Près de 40% des cancers évitables

Des politiques coordonnées de prévention devraient permettre d’éviter 40% des cancers. Dans ce domaine, notre pays aurait sûrement à gagner des échanges de pratiques avec ses voisins. De la même manière, le plan européen permettra de renforcer considérablement l’efficacité des politiques mises en place en France.

Les ambitions à l’échelle de l’Union pour lutter contre le tabac et la consommation excessive d’alcool seront des relais utiles aux politiques françaises compte tenu de la libre circulation des biens. L’Union européenne soutiendra également les États membres pour la vaccination contre les papillomavirus, à l’origine de cancers.

L’Union européenne a par ailleurs déjà lancé un vaste plan de santé publique avec le Green Deal. En améliorant la qualité de l’air, de l’eau, de l’alimentation, l’action européenne permet de s’attaquer aux facteurs environnementaux.

Élargissement des recommandations européennes sur le dépistage

La France pourra bénéficier financièrement du nouveau programme européen visant à proposer le dépistage du cancer du sein, du col de l’utérus et du cancer colorectal à 90 % du public cible d’ici 2025. L’élargissement des recommandations européennes sur le dépistage du cancer, ainsi que des programmes d’accréditation et de certification pour les centres de cancérologie pourraient également réduire les inégalités importantes qui subsistent, y compris au sein des États membres, dans l’accès à un diagnostic de qualité.

La recherche et l’innovation sont également des domaines où l’échelle transnationale est plus pertinente. Grâce au soutien de la Mission Cancer d’Horizon Europe, l’UE pourra renforcer la qualité de la recherche et de l’innovation dans tous les États membres. La recherche biomédicale d’avenir reposant sur l’utilisation de l’intelligence artificielle et des Big Data, les propositions d’Initiative européenne d’imagerie du cancer, d’un espace européen de données de santé et le renforcement du Système européen d’information sur le cancer devraient nous permettre de maximiser les chances de progrès dans les années à venir. La recherche française devra prendre toute sa place dans ce dispositif.

Égalité d’accès aux meilleurs traitements

La coopération européenne peut, déjà, porter ses fruits par le partage des connaissances existantes à l’échelle du continent.
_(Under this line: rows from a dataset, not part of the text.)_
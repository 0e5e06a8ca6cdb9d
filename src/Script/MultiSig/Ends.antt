-- ===== src/Script/MultiSig/Ends.antt =====
-- The multisignature check ends with a stack or an error.
use boxd.Prelude.{ℕ, Bool}
use boxd.Prelude.Ends.{Ends, ends_rules}
use boxd.Script.Opcode.{OpCode}
use boxd.Script.Stack.{Operand, Stack, operand_int}
use boxd.Script.MultiSig.{finish_multi_sig, multi_sig_tail, check_multi_sig}

Ends-operand_int : (o : Operand) → Ends (operand_int o)
unfolding operand_int
Ends-operand_int o = search ends_rules

Ends-finish_multi_sig :
    (op : OpCode) (r : Bool) (stack : Stack) → Ends (finish_multi_sig op r stack)
unfolding finish_multi_sig
Ends-finish_multi_sig op r stack = search ends_rules

module _ (verify : Operand → Operand → Bool) (op : OpCode) (stack : Stack) where
  Ends-multi_sig_tail : (keys i : ℕ) → Ends (multi_sig_tail verify op stack keys i)
  unfolding multi_sig_tail
  Ends-multi_sig_tail keys i = search (ends_rules, Ends-operand_int, Ends-finish_multi_sig)

  pub Ends-check_multi_sig : Ends (check_multi_sig verify op stack)
  unfolding check_multi_sig
  Ends-check_multi_sig = search (ends_rules, Ends-operand_int, Ends-multi_sig_tail) depth 8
Permettre l’égalité d’accès aux meilleurs traitements, c’est précisément l’ambition du centre de connaissance sur le cancer, c’est à dire d’un Institut européen du cancer, mais aussi de nouveaux réseaux européens de référence ou encore d’un programme de formation pluridisciplinaire.

Pluridisciplinaire, c’est aussi ce qui a caractérisé l’élaboration de ce plan européen. Pas moins de treize commissaires européens se sont mis autour de la table et les quatre milliards d’euros dont est doté le plan sont alimentés par divers programmes européens : programmes de santé (EU4Health), de recherche (Horizon Europe), mais aussi de développement du numérique (Digital Europe), de l’éducation (Erasmus +), ou encore des fonds structurels destinés aux politiques régionales. La Commission européenne témoigne ainsi d’une vision globale de la santé, prise en compte dans toutes les politiques et instruments financiers.

Dans son plan, la Commission ne s’attaque pas seulement aux inégalités en matière de prévention, de dépistage, de diagnostic, de traitements et de retour à une vie sociale et affective harmonieuse, elle consacre également un volet spécifique à la plus intolérable des injustices : les cancers pédiatriques. Une initiative visant à garantir aux enfants un accès rapide et optimal à la détection, au diagnostic, au traitement et aux soins sera lancée.

Une étape vers une Europe de la santé

Cette priorité est également partagée par les ambitions de la stratégie décennale française, exprimées par le Président de la République : « nous devons mieux accompagner les patients pour leur permettre de suivre leurs études, de pratiquer des activités, de garder cette part aussi d’insouciance qui appartient à leur âge et qui doit être préservée même lorsque la fatalité frappe. »

Le plan européen de lutte contre le cancer est donc une étape importante vers la construction d’une vraie Europe de la santé, fondée sur une vision solidaire et globale, illustrant par l’exemple une Union qui fait notre force et qui répond à la première préoccupation de ses citoyens : leur santé.